Desse ponto de vista, do qual partilho, não é possível oferecer o “poder” nas mãos daqueles que não têm controle sobre ele. Lembram daquele episódio do desenho Caverna do Dragão onde o Mestre dos Magos dá ao Eric o seu poder e ele se atrapalha bastante? Pois é: conferir o título de psicólogo a alguém que não poderá (segundo os padrões estabelecidos como “normais”) controlá-lo e agir em conformidade com o Código de Ética, permite que erros possam ser cometidos em nome da Psicologia, estendendo-se assim, a todos os seus praticantes. É claro que existem os “míopes”, aqueles que conseguem “dirigir”, mas com a obrigação de usar “óculos”…

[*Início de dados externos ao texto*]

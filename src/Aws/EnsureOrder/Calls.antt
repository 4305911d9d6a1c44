-- ===== src/Aws/EnsureOrder/Calls.antt =====
-- The order of calls in the parts of `EnsureInterface` of pkg/aws/eni_manager.go.
use multus_multivpc_cni.Aws.EnsureOrder.Stages.{
  Stage, looking, missing, counting, fresh, joined, ready, violated, after_look, stage,
}
use multus_multivpc_cni.Base.{
  ℕ, Text, text_eq, Option, none, some, Option-cases, List, [], ◌∷◌, ok, ◌≡◌, inl, inr, arith,
  option_text_eq,
}
use multus_multivpc_cni.Config.{NetworkProfile}
use multus_multivpc_cni.Aws.Types.{Manager, SyncRequest}
use multus_multivpc_cni.Aws.Ec2.{
  Attachment, NetworkInterface, DescribeInput, CreateInput, AttachInput, ModifyInput, Ec2, AwsError,
  describe_network_interfaces, create_network_interface, attach_network_interface,
  modify_attachment, pure, wrap, ◌>>◌,
}
use multus_multivpc_cni.Aws.Device.{next_available_device_index}
use multus_multivpc_cni.Aws.Addresses.{assign_ipv4, assign_ipv6, assign_ip_addresses}
use multus_multivpc_cni.Aws.Ensure.{
  attachment_filter, find_existing_interface, first_interface, create_and_attach_interface,
  existing_or_new, create_input, attach_input, modify_input, attach_created, create_at,
}
use multus_multivpc_cni.Aws.Triples.{Triple, Triple-bind}
use multus_multivpc_cni.Aws.Trace.{traced}

abbrev pub Is : Stage → Stage → Type 0
Is p q = q ≡ p

abbrev pub AfterFind : Option (NetworkInterface × Attachment) → Stage → Type 0
AfterFind none p = p ≡ missing
AfterFind (some (eni, a)) p = p ≡ ready eni.network_interface_id

-- The interface at hand is ready for its addresses.
abbrev pub IsReady : NetworkInterface × Attachment → Stage → Type 0
IsReady (eni, a) p = p ≡ ready eni.network_interface_id

module _ (e : Ec2) where
  look-Triple :
      (i : DescribeInput)
      → Triple e stage violated
          (Is looking)
          (wrap {X = AwsError e.Error} describe_network_interfaces
            ((traced e).describe_network_interfaces i))
          (λ found p. p ≡ after_look {E = e.Error} (ok found))
  look-Triple i s t p = ground arith

  first_interface-Triple :
      (found : List NetworkInterface)
      → Triple e stage violated
          (Is (after_look {E = e.Error} (ok found)))
          (first_interface (traced e) found)
          AfterFind
  unfolding first_interface
  first_interface-Triple [] s t p = p
  first_interface-Triple (eni ∷ _) s t p = elim (Option-cases eni.attachment) [
    | inl h ↦ ground arith
    | inr (a, h) ↦ rw (h, first_interface) (rw h at p)
  ]

  pub find-Triple :
      (m : Manager) (tag : Text)
      → Triple e stage violated (Is looking) (find_existing_interface (traced e) m tag) AfterFind
  unfolding find_existing_interface
  find-Triple m tag =
      Triple-bind e stage violated (Is looking)
        (wrap describe_network_interfaces
          ((traced e).describe_network_interfaces (attachment_filter m tag)))
        (λ found p. p ≡ after_look {E = e.Error} (ok found)) (first_interface (traced e)) AfterFind
        (look-Triple (attachment_filter m tag)) first_interface-Triple

  index-Triple :
      (m : Manager)
      → Triple e stage violated
          (Is missing)
          (next_available_device_index (traced e) m)
          (λ _ p. p ≡ counting)
  unfolding next_available_device_index
  index-Triple m s t p = ground arith

  create-Triple :
      (i : CreateInput)
      → Triple e stage violated
          (Is counting)
          (wrap {X = AwsError e.Error} create_network_interface
            ((traced e).create_network_interface i))
          (λ eni p. p ≡ fresh eni.network_interface_id)
  create-Triple i s t p = ground arith

  attach-Triple :
      (i : AttachInput)
      → Triple e stage violated
          (Is (fresh i.network_interface_id))
          (wrap {X = AwsError e.Error} attach_network_interface
            ((traced e).attach_network_interface i))
          (λ attachment p. p ≡ joined i.network_interface_id attachment)
  attach-Triple i s t p = ground arith

  modify-Triple :
      (i : ModifyInput)
      → Triple e stage violated
          (Is (joined i.network_interface_id i.attachment_id))
          (wrap {X = AwsError e.Error} modify_attachment
            ((traced e).modify_network_interface_attribute i))
          (λ _ p. p ≡ ready i.network_interface_id)
  modify-Triple i s t p = ground arith

  assign_ipv4-Triple :
      (eni : NetworkInterface) (wanted : List Text)
      → Triple e stage violated
          (Is (ready eni.network_interface_id))
          (assign_ipv4 (traced e) eni wanted)
          (λ _ p. p ≡ ready eni.network_interface_id)
  unfolding assign_ipv4
  assign_ipv4-Triple eni wanted s t p = ground arith

  assign_ipv6-Triple :
      (eni : NetworkInterface) (wanted : List Text)
      → Triple e stage violated
          (Is (ready eni.network_interface_id))
          (assign_ipv6 (traced e) eni wanted)
          (λ _ p. p ≡ ready eni.network_interface_id)
  unfolding assign_ipv6
  assign_ipv6-Triple eni wanted s t p = ground arith

  modify_pure-Triple :
      (eni : NetworkInterface) (id : Option Text)
      → Triple e stage violated
          (Is (joined eni.network_interface_id id))
          (wrap {X = AwsError e.Error} modify_attachment
              ((traced e).modify_network_interface_attribute (modify_input eni id))
            >> pure (eni, record { attachment_id = id; device_index = none }))
          IsReady
  modify_pure-Triple eni id =
      Triple-bind e stage violated (Is (joined eni.network_interface_id id))
        (wrap modify_attachment
          ((traced e).modify_network_interface_attribute (modify_input eni id)))
        (λ _ p. p ≡ ready eni.network_interface_id)
        (λ _. pure (eni, record { attachment_id = id; device_index = none })) IsReady
        (modify-Triple (modify_input eni id)) (λ _ s t p. p)

  attach_created-Triple :
      (m : Manager) (i : ℕ) (eni : NetworkInterface)
      → Triple e stage violated
          (Is (fresh eni.network_interface_id))
          (attach_created (traced e) m i eni)
          IsReady
  unfolding attach_created
  attach_created-Triple m i eni =
      Triple-bind e stage violated (Is (fresh eni.network_interface_id))
        (wrap attach_network_interface ((traced e).attach_network_interface (attach_input m i eni)))
        (λ id p. p ≡ joined eni.network_interface_id id)
        (λ id.
          wrap {X = AwsError e.Error} modify_attachment
            ((traced e).modify_network_interface_attribute (modify_input eni id))
          >> pure (eni, record { attachment_id = id; device_index = none }))
        IsReady (attach-Triple (attach_input m i eni)) (modify_pure-Triple eni)

  create_at-Triple :
      (m : Manager) (cfg : NetworkProfile) (tag : Text) (i : ℕ)
      → Triple e stage violated (Is counting) (create_at (traced e) m cfg tag i) IsReady
  unfolding create_at
  create_at-Triple m cfg tag i =
      Triple-bind e stage violated (Is counting)
        (wrap create_network_interface ((traced e).create_network_interface (create_input cfg tag)))
        (λ eni p. p ≡ fresh eni.network_interface_id) (attach_created (traced e) m i) IsReady
        (create-Triple (create_input cfg tag)) (attach_created-Triple m i)

  create_and_attach-Triple :
      (m : Manager) (cfg : NetworkProfile) (tag : Text)
      → Triple e stage violated
          (Is missing)
          (create_and_attach_interface (traced e) m cfg tag)
          IsReady
  unfolding create_and_attach_interface
  create_and_attach-Triple m cfg tag =
      Triple-bind e stage violated (Is missing) (next_available_device_index (traced e) m)
        (λ _ p. p ≡ counting) (create_at (traced e) m cfg tag) IsReady (index-Triple m)
        (create_at-Triple m cfg tag)

  pub existing_or_new-Triple :
      (m : Manager) (cfg : NetworkProfile) (tag : Text)
      (found : Option (NetworkInterface × Attachment))
      → Triple e stage violated
          (AfterFind found)
          (existing_or_new (traced e) m cfg tag found)
          IsReady
  unfolding existing_or_new
  existing_or_new-Triple m cfg tag none s t p = create_and_attach-Triple m cfg tag s t p
  existing_or_new-Triple m cfg tag (some (eni, a)) s t p = p

  pub assign-Triple :
      (eni : NetworkInterface) (req : SyncRequest)
      → Triple e stage violated
          (Is (ready eni.network_interface_id))
          (assign_ip_addresses (traced e) eni req)
          (λ _ p. p ≡ ready eni.network_interface_id)
  unfolding assign_ip_addresses
  assign-Triple eni req =
      Triple-bind e stage violated (Is (ready eni.network_interface_id))
        (assign_ipv4 (traced e) eni req.ipv4_addresses) (λ _ p. p ≡ ready eni.network_interface_id)
        (λ _. assign_ipv6 (traced e) eni req.ipv6_addresses)
        (λ _ p. p ≡ ready eni.network_interface_id) (assign_ipv4-Triple eni req.ipv4_addresses)
        (λ _. assign_ipv6-Triple eni req.ipv6_addresses)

Assim, creio que a faculdade deveria encaminhar tal aluno a um serviço de atendimento psicológico/psiquiátrico, no intuito de promover a integração desse indivíduo no grupo social onde ele está inserido, obtendo assim ganhos qualitativos em seu dia a dia. Penso que ele mesmo, caso ainda possua uma tênue ligação com o meio externo e tenha ciência do que propõe a Psicologia, iria privar-se da prática profissional, devido aos aspectos mencionados acima.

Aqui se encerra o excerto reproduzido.